Problem requirements = From the entries below, return only the lines starting at the one that contains "unfoldable pub chunks" and ending at the one that contains "unfoldable pub remaining", exactly as they stand.
━━━━━━━━━━
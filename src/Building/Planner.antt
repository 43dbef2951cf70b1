-- ===== src/Building/Planner.antt =====
-- building/planner.py: what is missing, and where the blocks of a blueprint go.
pub mod Order
pub mod Places
pub mod Missing
pub mod Rotation
use package.text.Mathlib.Text.{◌==◌ as str_eq}
use ai_wodeshijie.Prelude.{
  ℕ, zero, suc, ◌+◌, ◌-◌, ◌%◌, String, Bool, true, false, not, ◌&&◌, ◌||◌, Option, none, some, List,
  [], ◌∷◌, leb, ltb, ◌==◌, length, take, drop, filter_by, if◌then◌else◌,
}
use ai_wodeshijie.Prelude.Int.{ℤ, pos, negsuc, ◌+ℤ◌, neg, ltb_ℤ, leb_ℤ, ◌==ℤ◌}
use ai_wodeshijie.Prelude.Result.{Result, ok, err, ◌>>=◌}
use ai_wodeshijie.Json.{is_blank}
use ai_wodeshijie.Protocol.{InventoryEntry}
use ai_wodeshijie.Building.Models.{
  Position, BlueprintBlock, Blueprint, Counter, count_of, add_count,
}

pub record PlannedBlock : Type 0 where
  pub index : ℕ
  pub x : ℤ
  pub y : ℤ
  pub z : ℤ
  pub item_id : String
  pub block_id : String
  pub face : String
  pub optional : Bool

-- The indices of a build are Python integers: the Bridge may report any. A set of them is a list in
-- rising order, which is how the code writes it down.
unfoldable pub has_index : ℤ → List ℤ → Bool
has_index i [] = false
has_index i (j ∷ js) = j ==ℤ i || has_index i js

unfoldable pub add_index : ℤ → List ℤ → List ℤ
add_index i [] = i ∷ []
add_index i (j ∷ js) =
    let later = j ∷ add_index i js in
    if j ==ℤ i then j ∷ js else if ltb_ℤ i j then i ∷ j ∷ js else later

unfoldable pub add_all : List ℤ → List ℤ → List ℤ
unfolding add_index
add_all [] s = s
add_all (i ∷ is) s = add_all is (add_index i s)

-- what the snapshot's inventory holds of each item
unfoldable pub stock_from : Counter → List InventoryEntry → Counter
unfolding add_count
stock_from c [] = c
stock_from c (row ∷ rows) = stock_from (add_count row.id row.count c) rows

-- The first loop of `missing`: the items of the blocks that are neither done nor optional.
unfoldable pub need_from : ℕ → List ℤ → Counter → List BlueprintBlock → Counter
unfolding add_count has_index
need_from index completed c [] = c
need_from index completed c (b ∷ blocks) =
    need_from (suc index) completed
      (if has_index (pos index) completed || b.optional then c else add_count b.item_id 1 c) blocks

-- the comprehension at the end of `missing`
unfoldable pub shortage : Counter → Counter → Counter
unfolding count_of
shortage [] have = []
shortage ((item, count) ∷ need) have =
    let rest = shortage need have in
    if ltb (count_of item have) count then (item, count - count_of item have) ∷ rest else rest

-- `MaterialPlanner.missing`
unfoldable pub missing : Blueprint → List InventoryEntry → List ℤ → Counter
unfolding need_from stock_from shortage
missing bp inventory completed =
    shortage (need_from 0 completed [] bp.blocks) (stock_from [] inventory)

pub data RotationError : Type 0 where
  bad_rotation : RotationError

-- `rotation % 360`, which Python makes non-negative
unfoldable pub turn : ℤ → ℕ
turn (pos n) = n % 360
turn (negsuc n) = 359 - n % 360

unfoldable pub rotate : ℤ → ℤ → ℤ → Result RotationError (ℤ × ℤ)
unfolding turn
rotate x z rotation =
    let r = turn rotation in
    if r == 0
    then ok (x, z)
    else if r == 90
    then ok (neg z, x)
    else if r == 180
    then ok (neg x, neg z)
    else if r == 270
    then ok (z, neg x)
    else err bad_rotation

-- An origin as the code reads it: the floors of its coordinates.
unfoldable pub planned : ℕ → Position → BlueprintBlock → ℤ × ℤ → PlannedBlock
planned index origin b (rx, rz) = record {
  index = index;
  x = origin.x +ℤ rx;
  y = origin.y +ℤ b.at.y;
  z = origin.z +ℤ rz;
  item_id = b.item_id;
  block_id = elim b.block_id [ none ↦ b.item_id | some id ↦ if is_blank id then b.item_id else id ];
  face = b.face;
  optional = b.optional;
}

-- the loop of `placements`, before the sort
unfoldable pub place_from :
    ℕ → List BlueprintBlock → Position → ℤ → Result RotationError (List PlannedBlock)
unfolding planned rotate
place_from index [] origin rotation = ok []
place_from index (b ∷ blocks) origin rotation = do
  turned ← rotate b.at.x b.at.z rotation
  rest ← place_from (suc index) blocks origin rotation
  ok (planned index origin b turned ∷ rest)

-- `(p.y, p.index) < (q.y, q.index)`
unfoldable pub comes_before : PlannedBlock → PlannedBlock → Bool
comes_before p q = ltb_ℤ p.y q.y || (p.y ==ℤ q.y && ltb p.index q.index)

unfoldable pub insert_planned : PlannedBlock → List PlannedBlock → List PlannedBlock
unfolding comes_before
insert_planned p [] = p ∷ []
insert_planned p (q ∷ qs) =
    let later = q ∷ insert_planned p qs in if comes_before q p then later else p ∷ q ∷ qs

-- `sorted(result, key=lambda p: (p.y, p.index))`
unfoldable pub sort_planned : List PlannedBlock → List PlannedBlock
unfolding insert_planned
sort_planned [] = []
sort_planned (p ∷ ps) = insert_planned p (sort_planned ps)

unfoldable pub placements : Blueprint → Position → ℤ → Result RotationError (List PlannedBlock)
unfolding place_from sort_planned
placements bp origin rotation = do
  rows ← place_from 0 bp.blocks origin rotation
  ok (sort_planned rows)

-- `[rows[i:i+size] for i in range(0, len(rows), size)]`, with a round for each row as fuel
unfoldable pub chunks : {A : Type 0} → ℕ → ℕ → List A → List (List A)
chunks zero size rows = []
chunks (suc rounds) size [] = []
chunks (suc rounds) size (r ∷ rows) =
    take size (r ∷ rows) ∷ chunks rounds size (drop size (r ∷ rows))

unfoldable pub segments : Blueprint → Position → ℤ → Result RotationError (List (List PlannedBlock))
unfolding placements chunks
segments bp origin rotation = do
  rows ← placements bp origin rotation
  ok (chunks (length rows) bp.segment_size rows)

-- `remaining`, over the placements in order
unfoldable pub is_open : List ℤ → List ℤ → PlannedBlock → Bool
unfolding has_index
is_open completed skipped p =
    not (has_index (pos p.index) completed) && not (has_index (pos p.index) skipped)

unfoldable pub remaining :
    Blueprint → Position → ℤ → List ℤ → List ℤ → Result RotationError (List PlannedBlock)
unfolding placements is_open
remaining bp origin rotation completed skipped = do
  rows ← placements bp origin rotation
  ok (filter_by (is_open completed skipped) rows)
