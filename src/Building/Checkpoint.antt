-- ===== src/Building/Checkpoint.antt =====
-- building/executor.py and building/models.py: what a build keeps and saves, and how it is restored.
-- The ids, the origin and the rotation of a checkpoint never change and are left out; its status is
-- one of those that the code writes.
use package.text.Mathlib.Text.{◌==◌ as str_eq}
use ai_wodeshijie.Prelude.{
  ℕ, String, Bool, true, false, ◌&&◌, Option, none, some, List, [], ◌∷◌, ◌++◌, ltb, length,
  get_elem?, if◌then◌else◌,
}
use ai_wodeshijie.Prelude.Int.{ℤ, pos, negsuc}
use ai_wodeshijie.Protocol.{InventoryEntry, ActionStatus, is_ok}
use ai_wodeshijie.Building.Models.{Blueprint, Counter}
use ai_wodeshijie.Building.Planner.{PlannedBlock, add_index}

pub data BuildStatus : Type 0 where
  ready running paused paused_materials done : BuildStatus

pub record BuildCheckpoint : Type 0 where
  pub next_segment : ℕ
  pub completed_blocks : ℕ
  pub completed_indices : List ℤ
  pub skipped_optional_indices : List ℤ
  pub status : BuildStatus
  pub missing_items : Counter
  pub last_error : String

-- The Bridge's answer to a segment, and the snapshot that holds after it. `reported` are the entries
-- of `completed_indices` (or `placed_indices`) that `int` takes.
pub record Reply : Type 0 where
  pub status : ActionStatus
  pub code : String
  pub reported : List ℤ
  pub failed_index : Option ℕ
  pub missing_materials : Counter
  pub latest : Option (List InventoryEntry)

-- What stays the same while the loop runs; `size` is the smaller of the two segment sizes.
pub record Job : Type 0 where
  pub blueprint : Blueprint
  pub size : ℕ
  pub required : List ℤ

pub record Run : Type 0 where
  pub checkpoint : BuildCheckpoint
  pub completed : List ℤ
  pub skipped : List ℤ
  pub runnable : List PlannedBlock
  pub sent : List (List PlannedBlock)
  pub saved : List BuildCheckpoint

pub record Outcome : Type 0 where
  pub status : ActionStatus
  pub code : String
  pub complete : Bool
  pub last : Run

pub data Build : Type 0 where
  finished : Outcome → Build
  waiting : Run → Build

abbrev pub is_done : BuildStatus → Bool
is_done done = true
is_done _ = false

-- `_save`
unfoldable pub save : BuildCheckpoint → Run → Run
save ck r = record r { checkpoint = ck; saved = r.saved ++ ck ∷ [] }

-- `_result`
unfoldable pub result : ActionStatus → String → Run → Build
result status code r = finished (record {
  status = status;
  code = code;
  complete = is_ok status && str_eq code "BUILD_COMPLETE" && is_done r.checkpoint.status;
  last = r;
})

-- The block at an index of the blueprint, where the index is in range, is optional.
unfoldable pub is_optional_at : Blueprint → Option ℕ → Bool
is_optional_at bp none = false
is_optional_at bp (some i) = elim (get_elem? bp.blocks i) [ none ↦ false | some b ↦ b.optional ]

unfoldable pub item_at : Blueprint → Option ℕ → String
item_at bp none = ""
item_at bp (some i) = elim (get_elem? bp.blocks i) [ none ↦ "" | some b ↦ b.item_id ]

-- The indices of a restored checkpoint that the blueprint has; the skipped ones must be optional.
unfoldable pub valid_indices : ℕ → List ℤ → List ℤ
unfolding add_index
valid_indices n [] = []
valid_indices n (pos i ∷ is) =
    let rest = valid_indices n is in if ltb i n then add_index (pos i) rest else rest
valid_indices n (negsuc i ∷ is) = valid_indices n is

unfoldable pub optional_indices : Blueprint → List ℤ → List ℤ
unfolding add_index is_optional_at
optional_indices bp [] = []
optional_indices bp (pos i ∷ is) =
    let rest = optional_indices bp is in
    if is_optional_at bp (some i) then add_index (pos i) rest else rest
optional_indices bp (negsuc i ∷ is) = optional_indices bp is

abbrev pub fresh_checkpoint : BuildCheckpoint
fresh_checkpoint = record {
  next_segment = 0;
  completed_blocks = 0;
  completed_indices = [];
  skipped_optional_indices = [];
  status = running;
  missing_items = [];
  last_error = "";
}

-- The state that `execute` starts from: the checkpoint that the store holds, made valid.
unfoldable pub restore : Blueprint → BuildCheckpoint → Run
unfolding valid_indices optional_indices
restore bp stored =
    let completed = valid_indices (length bp.blocks) stored.completed_indices in
    let skipped = optional_indices bp stored.skipped_optional_indices in
    record {
      checkpoint = record stored {
        completed_blocks = length completed;
        completed_indices = completed;
        skipped_optional_indices = skipped;
      };
      completed = completed;
      skipped = skipped;
      runnable = [];
      sent = [];
      saved = [];
    }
━━━━━━━━━━
Answer =
unfoldable pub chunks : {A : Type 0} → ℕ → ℕ → List A → List (List A)
chunks zero size rows = []
chunks (suc rounds) size [] = []
chunks (suc rounds) size (r ∷ rows) =
    take size (r ∷ rows) ∷ chunks rounds size (drop size (r ∷ rows))

unfoldable pub segments : Blueprint → Position → ℤ → Result RotationError (List (List PlannedBlock))
unfolding placements chunks
segments bp origin rotation = do
  rows ← placements bp origin rotation
  ok (chunks (length rows) bp.segment_size rows)

-- `remaining`, over the placements in order
unfoldable pub is_open : List ℤ → List ℤ → PlannedBlock → Bool
unfolding has_index
is_open completed skipped p =
    not (has_index (pos p.index) completed) && not (has_index (pos p.index) skipped)

unfoldable pub remaining :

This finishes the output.